first_accepted :
    kind_in (process_transfer_request platform first_delivery store).0 ≡ some accepted_kind
unfolding kind_in process_transfer_request arma_partner_api_sandbox.LawShield.Store.Writes.is_nonce
    arma_partner_api_sandbox.Prelude.is_token_char
    arma_partner_api_sandbox.LawShield.Envelope.is_hex_digit
    arma_partner_api_sandbox.LawShield.Envelope.validate_envelope
    arma_partner_api_sandbox.Prelude.Json.get_field
    arma_partner_api_sandbox.LawShield.Envelope.fields_of arma_partner_api_sandbox.Prelude.is_blank
    arma_partner_api_sandbox.Prelude.contains arma_partner_api_sandbox.LawShield.Envelope.is_ai
    arma_partner_api_sandbox.LawShield.Envelope.is_text
    arma_partner_api_sandbox.LawShield.Envelope.is_object
    arma_partner_api_sandbox.LawShield.Envelope.truthy
    arma_partner_api_sandbox.LawShield.Envelope.timing_safe_equal_hex
    arma_partner_api_sandbox.Prelude.Json.utf16_length
    arma_partner_api_sandbox.LawShield.Envelope.Screening.assert_payload_safe
    arma_partner_api_sandbox.LawShield.Envelope.Screening.assert_no_instructions
    arma_partner_api_sandbox.LawShield.Envelope.Screening.is_instruction_key
    arma_partner_api_sandbox.Governance.Classification.same_codes
    arma_partner_api_sandbox.Governance.Classification.normalize_key
    arma_partner_api_sandbox.LawShield.Envelope.Screening.holds_instruction
    arma_partner_api_sandbox.LawShield.Processor.Decide.process_envelope
    arma_partner_api_sandbox.LawShield.Processor.Decide.process_fresh
    arma_partner_api_sandbox.LawShield.Store.Writes.get_nonce_record
    arma_partner_api_sandbox.Prelude.Map.get seed_synthetic_processor_directory upsert_authorizer
    upsert_case_mapping upsert_org_mapping
    arma_partner_api_sandbox.LawShield.Store.Writes.resolve_idempotency_key
    arma_partner_api_sandbox.LawShield.Store.Writes.resolve_found
    arma_partner_api_sandbox.LawShield.Processor.business_verdict
    arma_partner_api_sandbox.LawShield.Processor.check_processor_authorizer
    arma_partner_api_sandbox.LawShield.Store.Directory.get_authorizer
    arma_partner_api_sandbox.Prelude.Map.set
    arma_partner_api_sandbox.LawShield.Processor.check_processor_mappings
    arma_partner_api_sandbox.LawShield.Store.Directory.get_org_mapping
    arma_partner_api_sandbox.LawShield.Disclosure.enforce_disclosure_policy
    arma_partner_api_sandbox.LawShield.Redaction.policy_for
    arma_partner_api_sandbox.LawShield.Disclosure.verdict_on
    arma_partner_api_sandbox.LawShield.Disclosure.check_entry
    arma_partner_api_sandbox.LawShield.Redaction.entries
    arma_partner_api_sandbox.LawShield.Redaction.is_always_redacted
    arma_partner_api_sandbox.LawShield.Processor.Decide.accept_transfer
    arma_partner_api_sandbox.LawShield.Store.Transactions.run_transaction
    arma_partner_api_sandbox.LawShield.Processor.Writes.acceptance_writes
    arma_partner_api_sandbox.LawShield.Store.Writes.register_nonce
    arma_partner_api_sandbox.LawShield.Store.Writes.prune
    arma_partner_api_sandbox.Prelude.Map.retain
    arma_partner_api_sandbox.LawShield.Store.Writes.create_durable_transfer
    arma_partner_api_sandbox.LawShield.Store.Writes.create_receipt_record
    arma_partner_api_sandbox.LawShield.Store.Writes.bind_idempotency_key
    arma_partner_api_sandbox.LawShield.Store.Writes.append_audit
    arma_partner_api_sandbox.LawShield.Store.Writes.get_receipt_record
    arma_partner_api_sandbox.LawShield.Processor.Writes.receipt_for
    arma_partner_api_sandbox.LawShield.Processor.Writes.receipt_id_for
first_accepted = refl
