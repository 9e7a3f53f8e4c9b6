-- ===== src/Patches.antt =====
-- The PATCHES partner API (patches/lib).
pub mod Store
pub mod RateLimit
pub mod Policy
pub mod Bodies
pub mod Activation
pub mod StateChange
pub mod Security
mod Tests
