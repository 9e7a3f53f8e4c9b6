-- ===== src/Patches/Store.antt =====
-- The records of patches/lib/store.ts and the state of `SyntheticPartnerStore`. The operations are
-- in the modules below; those that only read sorted listings (`localeCompare`) and the counts that
-- tests read are left out.
pub mod Exec
pub mod Sanitize
pub mod Writes
pub mod Reads
pub mod Transactions
use arma_partner_api_sandbox.Prelude.{ℕ, String, Bool, Option, List}
use arma_partner_api_sandbox.Prelude.Map.{Map}
use arma_partner_api_sandbox.Prelude.Json.{Json}

pub data Status : Type 0 where
  active suspended : Status

pub record PartnerRecord : Type 0 where
  pub partner_id : String
  pub client_id : String
  pub status : Status

pub data CredentialStatus : Type 0 where
  active grace retired revoked : CredentialStatus

-- `kind` has the one value CLIENT_SECRET
pub record CredentialRecord : Type 0 where
  pub client_id : String
  pub key_id : String
  pub secret_hash : String
  pub status : CredentialStatus
  pub activated_at : ℕ
  pub rotated_from : Option String
  pub retired_at : Option ℕ
  pub revoked_at : Option ℕ
  pub revoked_reason : Option String

pub record OrganizationRecord : Type 0 where
  pub org_id : String
  pub owning_partner_id : String
  pub status : Status

pub data EntitlementStatus : Type 0 where
  active inactive revoked : EntitlementStatus

pub record EntitlementRecord : Type 0 where
  pub entitlement_id : String
  pub partner_id : String
  pub org_id : String
  pub capability : String
  pub status : EntitlementStatus
  pub licensed_from : ℕ
  pub licensed_until : ℕ

pub record CapabilityRecord : Type 0 where
  pub capability : String
  pub min_api_version : String
  pub max_api_version : String
  pub description : String

pub data BindingStatus : Type 0 where
  active inactive : BindingStatus

pub record BindingRecord : Type 0 where
  pub binding_id : String
  pub org_id : String
  pub capability : String
  pub device_id : String
  pub subject_ref : String
  pub status : BindingStatus
  pub bound_at : ℕ

pub data ActivationStatus : Type 0 where
  active deactivated revoked : ActivationStatus

pub record ActivationRecord : Type 0 where
  pub activation_id : String
  pub org_id : String
  pub capability : String
  pub binding_id : String
  pub partner_id : String
  pub status : ActivationStatus
  pub activated_at : ℕ
  pub deactivated_at : Option ℕ
  pub revoked_at : Option ℕ
  pub last_request_id : Option String
  pub idempotency_key : Option String
  pub activated_via_idempotency_key : Option String
  pub payload_hash : String

pub data RecordedOutcome : Type 0 where
  success conflict : RecordedOutcome

pub record IdempotencyRecord : Type 0 where
  pub client_id : String
  pub idempotency_key : String
  pub request_hash : String
  pub outcome : RecordedOutcome
  pub activation_id : Option String
  pub request_id : Option String
  pub at : ℕ

pub record NonceRecord : Type 0 where
  pub client_id : String
  pub nonce : String
  pub first_seen_at : ℕ
  pub first_seen_request_id : Option String

pub record ReceiptRecord : Type 0 where
  pub receipt_id : String
  pub request_id : String
  pub client_id : String
  pub operation : String
  pub outcome : String
  pub activation_id : Option String
  pub org_id : Option String
  pub capability : Option String
  pub payload_hash : Option String
  pub at : ℕ

pub record EventRecord : Type 0 where
  pub event_id : String
  pub org_id : String
  pub capability : String
  pub activation_id : Option String
  pub kind : String
  pub at : ℕ
  pub payload_digest : Option String

pub data ActorKind : Type 0 where
  partner system : ActorKind

pub data AuditOutcome : Type 0 where
  success rejected failed quarantined conflict : AuditOutcome

-- `Omit<AuditEventRecord, 'sequence'>`
pub record AuditEntry : Type 0 where
  pub at : ℕ
  pub actor_kind : ActorKind
  pub client_id : String
  pub request_id : String
  pub operation : String
  pub outcome : AuditOutcome
  pub detail : Json

pub record AuditEventRecord : Type 0 where
  pub sequence : ℕ
  pub entry : AuditEntry
  pub open entry use *

pub record FailPoints : Type 0 where
  pub persist_activation : Bool
  pub persist_receipt : Bool
  pub audit_write : Bool
  pub event_write : Bool

pub record Store : Type 0 where
  pub partners : Map PartnerRecord
  pub credentials : Map CredentialRecord
  pub organizations : Map OrganizationRecord
  pub entitlements : Map EntitlementRecord
  pub capabilities : Map CapabilityRecord
  pub bindings : Map BindingRecord
  pub activations : Map ActivationRecord
  pub idempotency : Map IdempotencyRecord
  pub nonces : Map NonceRecord
  pub receipts : Map ReceiptRecord
  pub events : List EventRecord
  pub audit : List AuditEventRecord
  pub fail_points : FailPoints
  pub audit_sequence : ℕ
  pub tx_depth : ℕ
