-- ===== src/Patches/Store/Exec.antt =====
-- Code that changes the partner store and may throw.
unfoldable pub use arma_partner_api_sandbox.Prelude.Exec.{
  continue, ◌>>=◌, ◌>>◌, pure, throw, gets, modify,
}
use arma_partner_api_sandbox.Prelude.Exec.{Exec as Stateful}
use arma_partner_api_sandbox.Patches.Store.{Store}

abbrev pub Exec : Type 0 → Type 0
Exec = Stateful Store
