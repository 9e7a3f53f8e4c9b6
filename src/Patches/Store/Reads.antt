-- ===== src/Patches/Store/Reads.antt =====
-- The keyed reads of `SyntheticPartnerStore`, and the composite keys (patches/lib/store.ts).
use arma_partner_api_sandbox.Prelude.{
  String, Bool, true, false, Option, none, some, List, [], ◌∷◌, joined, ◌==◌, ◌&&◌, keep,
  if◌then◌else◌,
}
use arma_partner_api_sandbox.Prelude.Map.{Map, get}
use arma_partner_api_sandbox.Patches.Store.{
  Store, PartnerRecord, CredentialRecord, CredentialStatus, OrganizationRecord, EntitlementRecord,
  CapabilityRecord, BindingRecord, ActivationRecord, IdempotencyRecord, NonceRecord, ReceiptRecord,
  AuditEventRecord,
}

unfoldable pub credential_key : String → String → String
credential_key client_id key_id = joined client_id key_id

unfoldable pub entitlement_key : String → String → String → String
entitlement_key partner_id org_id capability = joined partner_id (joined org_id capability)

unfoldable pub idempotency_key : String → String → String
idempotency_key client_id key = joined client_id key

unfoldable pub nonce_key : String → String → String
nonce_key client_id nonce = joined client_id nonce

unfoldable pub get_partner_by_client_id : Store → String → Option PartnerRecord
get_partner_by_client_id s client_id = get client_id s.partners

unfoldable pub get_credential : Store → String → String → Option CredentialRecord
get_credential s client_id key_id = get (credential_key client_id key_id) s.credentials

is_active : CredentialStatus → Bool
is_active CredentialStatus.active = true
is_active _ = false

is_grace : CredentialStatus → Bool
is_grace CredentialStatus.grace = true
is_grace _ = false

-- the loop of `activeCredentialFor`: the first active one, else the first in grace
active_from : String → Option CredentialRecord → Map CredentialRecord → Option CredentialRecord
active_from client_id found [] = found
active_from client_id found ((k, c) ∷ rest) = elim (c.client_id == client_id) [
  | false ↦ active_from client_id found rest
  | true ↦ elim (is_active c.status) [
    | true ↦ some c
    | false ↦
        active_from client_id
          (if is_grace c.status then (elim found [ none ↦ some c | some f ↦ some f ]) else found)
          rest
  ]
]

unfoldable pub active_credential_for : Store → String → Option CredentialRecord
unfolding active_from is_active is_grace
active_credential_for s client_id = active_from client_id none s.credentials

unfoldable pub get_organization : Store → String → Option OrganizationRecord
get_organization s org_id = get org_id s.organizations

unfoldable pub get_entitlement : Store → String → String → String → Option EntitlementRecord
get_entitlement s partner_id org_id capability =
    get (entitlement_key partner_id org_id capability) s.entitlements

unfoldable pub get_capability : Store → String → Option CapabilityRecord
get_capability s capability = get capability s.capabilities

unfoldable pub get_binding : Store → String → Option BindingRecord
get_binding s binding_id = get binding_id s.bindings

unfoldable pub get_activation : Store → String → Option ActivationRecord
get_activation s activation_id = get activation_id s.activations

unfoldable pub get_idempotency : Store → String → String → Option IdempotencyRecord
get_idempotency s client_id key = get (idempotency_key client_id key) s.idempotency

unfoldable pub get_nonce_record : Store → String → String → Option NonceRecord
get_nonce_record s client_id nonce = get (nonce_key client_id nonce) s.nonces

unfoldable pub get_receipt : Store → String → Option ReceiptRecord
get_receipt s receipt_id = get receipt_id s.receipts

-- `filter !== undefined && field !== filter` drops an event
agrees : Option String → String → Bool
agrees none field = true
agrees (some f) field = field == f

unfoldable pub get_audit_events : Store → Option String → Option String → List AuditEventRecord
unfolding agrees
get_audit_events s client_id request_id =
    keep (λ e. agrees client_id e.client_id && agrees request_id e.request_id) s.audit
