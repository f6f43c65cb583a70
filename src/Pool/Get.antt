-- ===== src/Pool/Get.antt =====
-- pool/pool.go: one `get` from its start to its end, with no other goroutine in between. `test` is
-- `TestOnBorrow`, true where it is nil or gives no error. Closed connections are collected, last first.
pub mod Returned
pub mod Unlimited
use framego.Prelude.{
  ℕ, zero, suc, Bool, ◌&&◌, List, [], ◌∷◌, Option, none, some, length, ltb, if◌then◌else◌,
}
use framego.Pool.Methods.{
  PoolConn, Config, Pool, take_token, forget, pop_back, pop_front, is_stale, is_young, Admission,
  get_on_closed_pool, pool_exhausted, dials, admit,
}

abbrev pub if_stale : ℕ → Option (Pool × PoolConn) → Option (Pool × PoolConn)
if_stale now none = none
if_stale now (some (q, pc)) = if is_stale q.config pc now then some (q, pc) else none

-- The rest of a loop.
abbrev pub Loop : Type 0 → Type 0
Loop A = Pool → List PoolConn → A

abbrev pub prune_next :
    Loop (Pool × List PoolConn)
    → Pool
    → List PoolConn
    → Option (Pool × PoolConn)
    → Pool × List PoolConn
prune_next rest p closes none = (p, closes)
prune_next rest p closes (some (q, pc)) = rest (forget q) (pc ∷ closes)

-- At most as many stale connections as were idle, from the back.
unfoldable pub prune : ℕ → ℕ → Loop (Pool × List PoolConn)
unfolding pop_back is_stale forget
prune zero now p closes = (p, closes)
prune (suc n) now p closes = prune_next (prune n now) p closes (if_stale now (pop_back p))

pub data Borrowed : Type 0 where
  none_idle : Pool → List PoolConn → Borrowed
  borrowed : Pool → PoolConn → List PoolConn → Borrowed

abbrev pub borrow_next :
    Loop Borrowed
    → (PoolConn → Bool)
    → ℕ
    → Pool
    → List PoolConn
    → Option (Pool × PoolConn)
    → Borrowed
borrow_next rest test now p closes none = none_idle p closes
borrow_next rest test now p closes (some (q, pc)) =
    let other = rest (forget q) (pc ∷ closes) in
    if test pc && is_young q.config pc now then borrowed q pc closes else other

-- From the front, until one passes its tests.
unfoldable pub borrow : ℕ → (PoolConn → Bool) → ℕ → Loop Borrowed
unfolding pop_front is_young forget
borrow zero test now p closes = none_idle p closes
borrow (suc n) test now p closes = borrow_next (borrow n test now) test now p closes (pop_front p)

-- `dial` is to dial, with the place that is taken; `refused` is an error.
pub data Got : Type 0 where
  waits : Got
  refused : Pool → List PoolConn → Got
  reused : Pool → PoolConn → List PoolConn → Got
  dial : Pool → List PoolConn → Got

abbrev pub admitted : Pool → List PoolConn → Admission → Got
admitted p closes get_on_closed_pool = refused p closes
admitted p closes pool_exhausted = refused p closes
admitted p closes (dials q) = dial q closes

abbrev pub after_borrow : Borrowed → Got
after_borrow (borrowed p pc closes) = reused p pc closes
after_borrow (none_idle p closes) = admitted p closes (admit p)

abbrev pub prune_if : Bool → ℕ → Pool → Pool × List PoolConn
prune_if timed now p = if timed then prune (length p.idle) now p [] else (p, [])

unfoldable pub after_token : (PoolConn → Bool) → ℕ → Pool → Got
unfolding prune borrow admit
after_token test now p =
    let (q, closes) = prune_if (ltb 0 p.idle_timeout) now p in
    after_borrow (borrow (length q.idle) test now q closes)

abbrev pub with_token : (PoolConn → Bool) → ℕ → Option Pool → Got
with_token test now none = waits
with_token test now (some p) = after_token test now p

unfoldable pub get : Pool → ℕ → (PoolConn → Bool) → Got
unfolding take_token after_token
get p now test = with_token test now (take_token p)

## [WHAT THE TASK ASKS]
Output each line of the records above exactly, beginning at the first, and stop once the line containing "arma_partner_api_sandbox.LawShield.Envelope.truthy" has been output.

## [RESULT OF THE TASK]
first_accepted :
    kind_in (process_transfer_request platform first_delivery store).0 ≡ some accepted_kind
unfolding kind_in process_transfer_request arma_partner_api_sandbox.LawShield.Store.Writes.is_nonce
    arma_partner_api_sandbox.Prelude.is_token_char
    arma_partner_api_sandbox.LawShield.Envelope.is_hex_digit
    arma_partner_api_sandbox.LawShield.Envelope.validate_envelope
    arma_partner_api_sandbox.Prelude.Json.get_field
    arma_partner_api_sandbox.LawShield.Envelope.fields_of arma_partner_api_sandbox.Prelude.is_blank
    arma_partner_api_sandbox.Prelude.contains arma_partner_api_sandbox.LawShield.Envelope.is_ai
    arma_partner_api_sandbox.LawShield.Envelope.is_text
    arma_partner_api_sandbox.LawShield.Envelope.is_object
    arma_partner_api_sandbox.LawShield.Envelope.truthy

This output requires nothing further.